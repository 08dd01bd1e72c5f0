-- ===== src/Collector/Attr.antt =====
-- syncd/pm/OtaiAttrCollector.cpp: attributes that are written to a table when they change. Of the
-- metadata of an attribute the name of its field and the type of its value count. How values that are
-- no lists compare, and how values are written (`otai_serialize_attr_value` of
-- meta/OtaiSerialize.cpp), are arguments. The table is what was written to it, the last first.
pub mod Rows
pub mod Shown
use sonic_otairedis.Common.{
  ℕ, Bool, true, false, ◌||◌, List, [], ◌∷◌, Result, ok, throws, if◌then◌else◌,
}
use sonic_otairedis.Otai.{Status, success, uninitialized, object_not_ready, is_success}
use sonic_otairedis.Metadata.{ValueType, Value, Attribute, AttrMeta}
use sonic_otairedis.Serialize.ObjectId.{Text}
use sonic_otairedis.Requests.{Vendor}
use sonic_otairedis.Collector.Copies.{Saved, transfer_attributes, compare_attribute}

pub record AttrEntry : Type 0 where
  pub init : Bool
  pub field : Text
  pub attrvaluetype : ValueType
  pub attr : Attribute
  pub attrdb : Saved

abbrev pub StateTable : Type 0
StateTable = List (Text × Text)

-- The answers of an attribute that the constructor keeps.
abbrev pub supported : Status → Bool
supported success = true
supported uninitialized = true
supported object_not_ready = true
supported _ = false

abbrev pub readable : AttrMeta → Bool
readable md = if md.create_only || md.set_only then false else true

-- What the pointer to the one attribute shows after the call.
abbrev pub answered : Attribute → List Attribute → Attribute
answered a [] = a
answered a (b ∷ rest) = b

module _ {V : Type 0} (vendor : Vendor V) (object_type rid : ℕ) where
  -- The loop of the constructor, over attributes and buffers as `newOtaiAttr` makes them.
  unfoldable pub make_entries : List (AttrMeta × Text × Attribute × Saved) → V → List AttrEntry × V
  make_entries [] hw = ([], hw)
  make_entries ((md, field, a, saved) ∷ rest) hw =
      let answer = vendor.get object_type rid (a ∷ []) hw in
      let asked = make_entries rest answer.1 in
      let skipped = make_entries rest hw in
      if readable md
      then (
        if supported answer.0.0
            then record {
              init = true;
              field = field;
              attrvaluetype = md.attrvaluetype;
              attr = a;
              attrdb = saved;
            }
              ∷ asked.0
            else asked.0,
        asked.1,
      )
      else skipped

  module _ (differ : ValueType → Value → Value → Bool) (text_of : Text → Attribute → Text) where
    -- The reading is in the table before it is copied, and the status of the copy is dropped.
    abbrev pub after_transfer :
        AttrEntry
        → StateTable
        → Result (Status × Saved)
        → Result (Unit {0}) × AttrEntry × StateTable
    after_transfer e table (throws message) = (throws message, e, table)
    after_transfer e table (ok (status, saved)) = (ok tt, record e { attrdb = saved }, table)

    pub save_value : AttrEntry → StateTable → Result (Unit {0}) × AttrEntry × StateTable
    save_value e table =
        after_transfer (record e { init = false }) ((e.field, text_of e.field e.attr) ∷ table)
          (transfer_attributes e.attrvaluetype e.attr e.attrdb)

    abbrev pub after_compare :
        AttrEntry → StateTable → Result Bool → Result (Unit {0}) × AttrEntry × StateTable
    unfolding save_value
    after_compare e table (throws message) = (throws message, e, table)
    after_compare e table (ok changed) = if changed then save_value e table else (ok tt, e, table)

    unfoldable pub update_current_value :
        AttrEntry → StateTable → Result (Unit {0}) × AttrEntry × StateTable
    unfolding save_value
    update_current_value e table =
        if e.init
        then save_value e table
        else after_compare e table (compare_attribute differ e.attrvaluetype e.attrdb e.attr)

    -- A reading that fails leaves the table, whatever its status is.
    pub collect_attr :
        AttrEntry
        → Status × List Attribute
        → StateTable
        → Result (Unit {0}) × AttrEntry × StateTable
    unfolding update_current_value
    collect_attr e (status, attrs) table =
        let read : AttrEntry = record e { attr = answered e.attr attrs } in
        if is_success status then update_current_value read table else (ok tt, read, table)

    -- An entry was collected: the others follow, or the round ends where it threw.
    abbrev pub before_others :
        Result (Unit {0}) × AttrEntry × StateTable
        → List AttrEntry
        → V
        → Result (Unit {0}) × List AttrEntry × V × StateTable
        → Result (Unit {0}) × List AttrEntry × V × StateTable
    before_others (throws message, e, table) rest hw others = (throws message, e ∷ rest, hw, table)
    before_others (ok _, e, table) rest hw (result, es, hw', table') = (result, e ∷ es, hw', table')

    unfoldable pub collect_attrs :
        List AttrEntry → V → StateTable → Result (Unit {0}) × List AttrEntry × V × StateTable
    unfolding collect_attr
    collect_attrs [] hw table = (ok tt, [], hw, table)
    collect_attrs (e ∷ rest) hw table =
        let answer = vendor.get object_type rid (e.attr ∷ []) hw in
        let one = collect_attr e answer.0 table in
        let others = collect_attrs rest answer.1 one.2 in before_others one rest answer.1 others
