-- ===== src/Common/Assoc.antt =====
-- Maps that are walked and counted, as the lists of what they hold; the order is that of the walk.
use sonic_otairedis.Common.{
  ℕ, ◌≡◌, inl, inr, arith, Bool, true, false, List, [], ◌∷◌, Option, none, some, ◌==◌, ==_eq,
  Bool-cases, if◌then◌else◌, refl,
}

module _ {ℓ} {K : Type 0} {V : Type ℓ} (same : K → K → Bool) where
  abbrev pub find : K → List (K × V) → Option V
  find k [] = none
  find k ((j, v) ∷ rest) = if same k j then some v else find k rest

  abbrev pub contains : K → List (K × V) → Bool
  contains k [] = false
  contains k ((j, v) ∷ rest) = if same k j then true else contains k rest

  -- m[k] = v
  abbrev pub insert : K → V → List (K × V) → List (K × V)
  insert k v [] = (k, v) ∷ []
  insert k v ((j, w) ∷ rest) = if same k j then (j, v) ∷ rest else (j, w) ∷ insert k v rest

  -- m.erase(k)
  abbrev pub remove : K → List (K × V) → List (K × V)
  remove k [] = []
  remove k ((j, v) ∷ rest) = if same k j then rest else (j, v) ∷ remove k rest

  -- What a map is: no key twice.
  abbrev pub Distinct : List (K × V) → Type 0
  Distinct [] = Unit
  Distinct ((k, v) ∷ rest) = (contains k rest ≡ false) × Distinct rest

-- Maps with numbers for keys.
module _ {ℓ} {V : Type ℓ} where
  pub find-insert :
      (k j : ℕ) (v : V) (m : List (ℕ × V))
      → find ◌==◌ k (insert ◌==◌ j v m) ≡ (if k == j then some v else find ◌==◌ k m)
  find-insert k j v [] = refl
  find-insert k j v ((i, w) ∷ rest) = let ih = find-insert k j v rest in ground arith

  pub contains-insert :
      (k j : ℕ) (v : V) (m : List (ℕ × V))
      → contains ◌==◌ k (insert ◌==◌ j v m) ≡ (if k == j then true else contains ◌==◌ k m)
  contains-insert k j v [] = refl
  contains-insert k j v ((i, w) ∷ rest) = let ih = contains-insert k j v rest in ground arith

  pub insert-Distinct :
      (j : ℕ) (v : V) (m : List (ℕ × V)) → Distinct ◌==◌ m → Distinct ◌==◌ (insert ◌==◌ j v m)
  insert-Distinct j v [] d = (refl, tt)
  insert-Distinct j v ((i, w) ∷ rest) d =
      let ih = insert-Distinct j v rest d.1 in
      let found = contains-insert i j v rest in
      elim (Bool-cases (j == i)) [ inl e ↦ rw e d | inr e ↦ rw e ((ground arith), ih) ]

  pub contains-remove :
      (k j : ℕ) (m : List (ℕ × V))
      → Distinct ◌==◌ m
      → contains ◌==◌ k (remove ◌==◌ j m) ≡ (if k == j then false else contains ◌==◌ k m)
  contains-remove k j [] d = ground arith
  contains-remove k j ((i, w) ∷ rest) d =
      let ih = contains-remove k j rest d.1 in
      let alone = d.0 in
      elim (Bool-cases (j == i)) [
        | inl e ↦
            let e' = ==_eq j i e in
            elim (Bool-cases (k == j)) [
              | inl f ↦ let f' = ==_eq k j f in rw (e, f, f', e') alone
              | inr f ↦ ground arith
            ]
        | inr e ↦ ground arith
      ]

  pub remove-Distinct :
      (j : ℕ) (m : List (ℕ × V)) → Distinct ◌==◌ m → Distinct ◌==◌ (remove ◌==◌ j m)
  remove-Distinct j [] d = tt
  remove-Distinct j ((i, w) ∷ rest) d =
      let ih = remove-Distinct j rest d.1 in
      let found = contains-remove i j rest d.1 in
      elim (Bool-cases (j == i)) [ inl e ↦ rw e (d.1) | inr e ↦ rw e ((ground arith), ih) ]

  pub find-contains :
      (k : ℕ) (m : List (ℕ × V)) (v : V) → find ◌==◌ k m ≡ some v → contains ◌==◌ k m ≡ true
  find-contains k [] v h = cc
  find-contains k ((j, w) ∷ rest) v h = let ih = find-contains k rest v in ground arith

  absent_find : (k : ℕ) (m : List (ℕ × V)) → contains ◌==◌ k m ≡ false → find ◌==◌ k m ≡ none
  absent_find k [] h = refl
  absent_find k ((i, w) ∷ rest) h = let ih = absent_find k rest in ground arith

  pub find-remove :
      (k j : ℕ) (m : List (ℕ × V))
      → Distinct ◌==◌ m
      → find ◌==◌ k (remove ◌==◌ j m) ≡ (if k == j then none else find ◌==◌ k m)
  find-remove k j [] d = ground arith
  find-remove k j ((i, w) ∷ rest) d =
      let ih = find-remove k j rest d.1 in
      elim (Bool-cases (j == i)) [
        | inl e ↦
            let e' = ==_eq j i e in
            elim (Bool-cases (k == j)) [
              | inl f ↦
                  let f' = ==_eq k j f in
                  let gone = absent_find i rest d.0 in rw (e, f, f', e') gone
              | inr f ↦ ground arith
            ]
        | inr e ↦ ground arith
      ]
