-- ===== src/Serialize/Texts.antt =====
-- What the program asks of `std::string`: equality, a search for a character, and parts.
use sonic_otairedis.Common.{
  ℕ, zero, suc, ◌+◌, ◌-◌, ◌^◌, ◌%◌, ◌≡◌, inl, inr, refl, subst, ap, arith, Bool, true, false, ◌&&◌,
  [], ◌∷◌, ◌++◌, ◌==◌, ==_refl, Bool-cases, if◌then◌else◌, length,
}
use sonic_otairedis.Serialize.ObjectId.{Text}

abbrev pub same_text : Text → Text → Bool
same_text [] [] = true
same_text [] (d ∷ s) = false
same_text (c ∷ r) [] = false
same_text (c ∷ r) (d ∷ s) = (c == d) && same_text r s

pub same_text_refl : (s : Text) → same_text s s ≡ true
same_text_refl [] = refl
same_text_refl (c ∷ s) = ground (arith, ==_refl c, same_text_refl s)

pub same_text_eq : (r s : Text) → same_text r s ≡ true → r ≡ s
same_text_eq [] [] h = refl
same_text_eq [] (d ∷ s) h = cc
same_text_eq (c ∷ r) [] h = cc
same_text_eq (c ∷ r) (d ∷ s) h = let ih = same_text_eq r s in ground arith

pub same_text_other : (a b : Text) → same_text a b ≡ false → same_text b a ≡ false
same_text_other a b other = elim (Bool-cases (same_text b a)) [
  | inr e ↦ e
  | inl e ↦
      let same : same_text a b ≡ true =
        subst (λ z. same_text z b ≡ true) (same_text_eq b a e) (same_text_refl b) in
      absurd cc
]

abbrev pub drop : ℕ → Text → Text
drop zero s = s
drop (suc n) [] = []
drop (suc n) (c ∷ s) = drop n s

abbrev pub take : ℕ → Text → Text
take zero s = []
take (suc n) [] = []
take (suc n) (c ∷ s) = c ∷ take n s

-- size_t, and `std::string::npos`.
abbrev pub npos : ℕ
npos = 2 ^ 64 - 1

-- The place of the first c in s, where s is what follows the first `at` characters.
abbrev pub find_char : ℕ → ℕ → Text → ℕ
find_char c at [] = npos
find_char c at (d ∷ s) = if c == d then at else find_char c (at + 1) s

-- One more, in a size_t: after npos comes 0.
abbrev pub next : ℕ → ℕ
next at = (at + 1) % 2 ^ 64

-- `s.substr(at, count)` for an `at` within s; a count that is too large takes all.
abbrev pub substr : ℕ → ℕ → Text → Text
substr at count s = take count (drop at s)

-- All of s before the first c.
abbrev pub Without : ℕ → Text → Type 0
Without c [] = Unit
Without c (d ∷ s) = ((c == d) ≡ false) × Without c s

pub find_char-append :
    (c at : ℕ) (r s : Text) → Without c r → find_char c at (r ++ c ∷ s) ≡ at + length r
find_char-append c at [] s w = ground arith
find_char-append c at (d ∷ r) s w =
    let ih = find_char-append c (at + 1) r s w.1 in let other = w.0 in ground arith

pub drop-append : (r s : Text) → drop (length r) (r ++ s) ≡ s
drop-append [] s = refl
drop-append (d ∷ r) s = drop-append r s

pub take-append : (r s : Text) → take (length r) (r ++ s) ≡ r
take-append [] s = refl
take-append (d ∷ r) s = ap (λ rest. d ∷ rest) (take-append r s)
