-- ===== src/Collector/Attr/Rows.antt =====
-- Which rows of the table are written, and what a row shows of its attribute.
use sonic_otairedis.Common.{
  ℕ, ◌≡◌, ◌⊎◌, inl, inr, refl, ◌∙◌, Bool, true, false, List, [], ◌∷◌, some, Result, ok, throws,
  if◌then◌else◌,
}
use sonic_otairedis.Common.Assoc.{find}
use sonic_otairedis.Otai.{Status, is_success}
use sonic_otairedis.Metadata.{ValueType, Value, Attribute}
use sonic_otairedis.Serialize.ObjectId.{Text}
use sonic_otairedis.Serialize.Texts.{same_text, same_text_other}
use sonic_otairedis.Requests.{Vendor}
use sonic_otairedis.Collector.Copies.{Saved, transfer_attributes, compare_attribute}
use sonic_otairedis.Collector.Attr.{
  AttrEntry, StateTable, save_value, update_current_value, collect_attr, collect_attrs, answered,
  after_transfer, after_compare, before_others,
}

-- No entry has the field.
abbrev pub Without : Text → List AttrEntry → Type 0
Without field [] = Unit
Without field (e ∷ rest) = (same_text field e.field ≡ false) × Without field rest

-- Each entry has a field of its own.
abbrev pub FieldsDistinct : List AttrEntry → Type 0
FieldsDistinct [] = Unit
FieldsDistinct (e ∷ rest) = Without e.field rest × FieldsDistinct rest

-- The result of an attribute's functions.
abbrev pub Update : Type 0
Update = Result (Unit {0}) × AttrEntry × StateTable

-- What holds of each branch where it is taken.
pub if_either :
    (P : Update → Type 0) (b : Bool) {x y : Update}
    → (b ≡ true → P x)
    → (b ≡ false → P y)
    → P (if b then x else y)
if_either P true p q = p refl
if_either P false p q = q refl

module _ {V : Type 0} (vendor : Vendor V) (object_type rid : ℕ)
    (differ : ValueType → Value → Value → Bool) (text_of : Text → Attribute → Text) where
  -- The row has the text of an attribute that does not differ from the saved value.
  abbrev pub ShownIn : StateTable → AttrEntry → Type 0
  ShownIn table e =
      (e.init ≡ true)
      ⊎ ((shown : Attribute) × (find same_text e.field table ≡ some (text_of e.field shown))
          × (compare_attribute differ e.attrvaluetype e.attrdb shown ≡ ok false))

  abbrev pub AllShown : StateTable → List AttrEntry → Type 0
  AllShown table [] = Unit
  AllShown table (e ∷ rest) = ShownIn table e × AllShown table rest

  abbrev pub collect_one :
      AttrEntry → Status × List Attribute → StateTable → Result (Unit {0}) × AttrEntry × StateTable
  collect_one = collect_attr vendor object_type rid differ text_of

  -- The copy does not write to the table.
  after_transfer_table :
      (e : AttrEntry) (table : StateTable) (copied : Result (Status × Saved))
      → (after_transfer vendor object_type rid differ text_of e table copied).2 ≡ table
  after_transfer_table e table (throws message) = refl
  after_transfer_table e table (ok (status, saved)) = refl

  -- Only the entry's own field is written.
  save_value_others :
      (e : AttrEntry) (table : StateTable) (field : Text)
      → same_text field e.field ≡ false
      → find same_text field (save_value vendor object_type rid differ text_of e table).2
        ≡ find same_text field table
  unfolding save_value
  save_value_others e table field other =
      let row : Text × Text = (e.field, text_of e.field e.attr) in
      rw
        (after_transfer_table (record e { init = false }) (row ∷ table)
          (transfer_attributes e.attrvaluetype e.attr e.attrdb))
        (rw other refl)

  after_compare_others :
      (e : AttrEntry) (table : StateTable) (field : Text) (changed : Result Bool)
      → same_text field e.field ≡ false
      → find same_text field (after_compare vendor object_type rid differ text_of e table changed).2
        ≡ find same_text field table
  unfolding after_compare
  after_compare_others e table field (throws message) other = refl
  after_compare_others e table field (ok true) other = save_value_others e table field other
  after_compare_others e table field (ok false) other = refl

  update_others :
      (e : AttrEntry) (table : StateTable) (field : Text)
      → same_text field e.field ≡ false
      → find same_text field (update_current_value vendor object_type rid differ text_of e table).2
        ≡ find same_text field table
  unfolding update_current_value
  update_others e table field other =
      let compared = compare_attribute differ e.attrvaluetype e.attrdb e.attr in
      if_either (λ r. find same_text field r.2 ≡ find same_text field table) e.init
        (λ new. save_value_others e table field other)
        (λ old. after_compare_others e table field compared other)

  collect_one_others :
      (e : AttrEntry) (answer : Status × List Attribute) (table : StateTable) (field : Text)
      → same_text field e.field ≡ false
      → find same_text field (collect_one e answer table).2 ≡ find same_text field table
  unfolding collect_attr
  collect_one_others e (status, attrs) table field other =
      let written = update_others (record e { attr = answered e.attr attrs }) table field other in
      if_either (λ r. find same_text field r.2 ≡ find same_text field table) (is_success status)
        (λ read. written) (λ failed. refl)

  before_others_either :
      (P : StateTable → Type 0) (one : Update) (rest : List AttrEntry) (hw : V)
      (others : Result (Unit {0}) × List AttrEntry × V × StateTable)
      → P one.2
      → P others.3
      → P (before_others vendor object_type rid differ text_of one rest hw others).3
  before_others_either P (throws message, e, table) rest hw others p q = p
  before_others_either P (ok _, e, table) rest hw others p q = q

  pub before_others_ok :
      (one : Update) (rest : List AttrEntry) (hw : V)
      (others : Result (Unit {0}) × List AttrEntry × V × StateTable)
      → one.0 ≡ ok tt
      → before_others vendor object_type rid differ text_of one rest hw others
        ≡ (others.0, one.1 ∷ others.1, others.2, others.3)
  before_others_ok (throws message, e, table) rest hw others p = absurd cc
  before_others_ok (ok _, e, table) rest hw others p = refl

  pub collect_attrs_others :
      (es : List AttrEntry) (hw : V) (table : StateTable) (field : Text)
      → Without field es
      → find same_text field (collect_attrs vendor object_type rid differ text_of es hw table).3
        ≡ find same_text field table
  unfolding collect_attrs
  collect_attrs_others [] hw table field w = refl
  collect_attrs_others (e ∷ rest) hw table field w =
      let answer = vendor.get object_type rid (e.attr ∷ []) hw in
      let one = collect_one e answer.0 table in
      let first = collect_one_others e answer.0 table field w.0 in
      let later = collect_attrs_others rest answer.1 one.2 field w.1 in
      before_others_either (λ t. find same_text field t ≡ find same_text field table) one rest
        answer.1 (collect_attrs vendor object_type rid differ text_of rest answer.1 one.2) first
        (later ∙ first)

  pub collect_one-AllShown :
      (e : AttrEntry) (answer : Status × List Attribute) (table : StateTable) (es : List AttrEntry)
      → Without e.field es
      → AllShown table es
      → AllShown (collect_one e answer table).2 es
  collect_one-AllShown e answer table [] w shown = tt
  collect_one-AllShown e answer table (f ∷ rest) w shown =
      let kept = collect_one_others e answer table f.field (same_text_other e.field f.field w.0) in
      (
        elim shown.0 [ inl new ↦ inl new | inr (a, row, same) ↦ inr (a, kept ∙ row, same) ],
        collect_one-AllShown e answer table rest w.1 shown.1,
      )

--- Task ---
Of the lines above, copy each that contains "copied".

--- Task response ---
    -- The reading is in the table before it is copied, and the status of the copy is dropped.
      (e : AttrEntry) (table : StateTable) (copied : Result (Status × Saved))
      → (after_transfer vendor object_type rid differ text_of e table copied).2 ≡ table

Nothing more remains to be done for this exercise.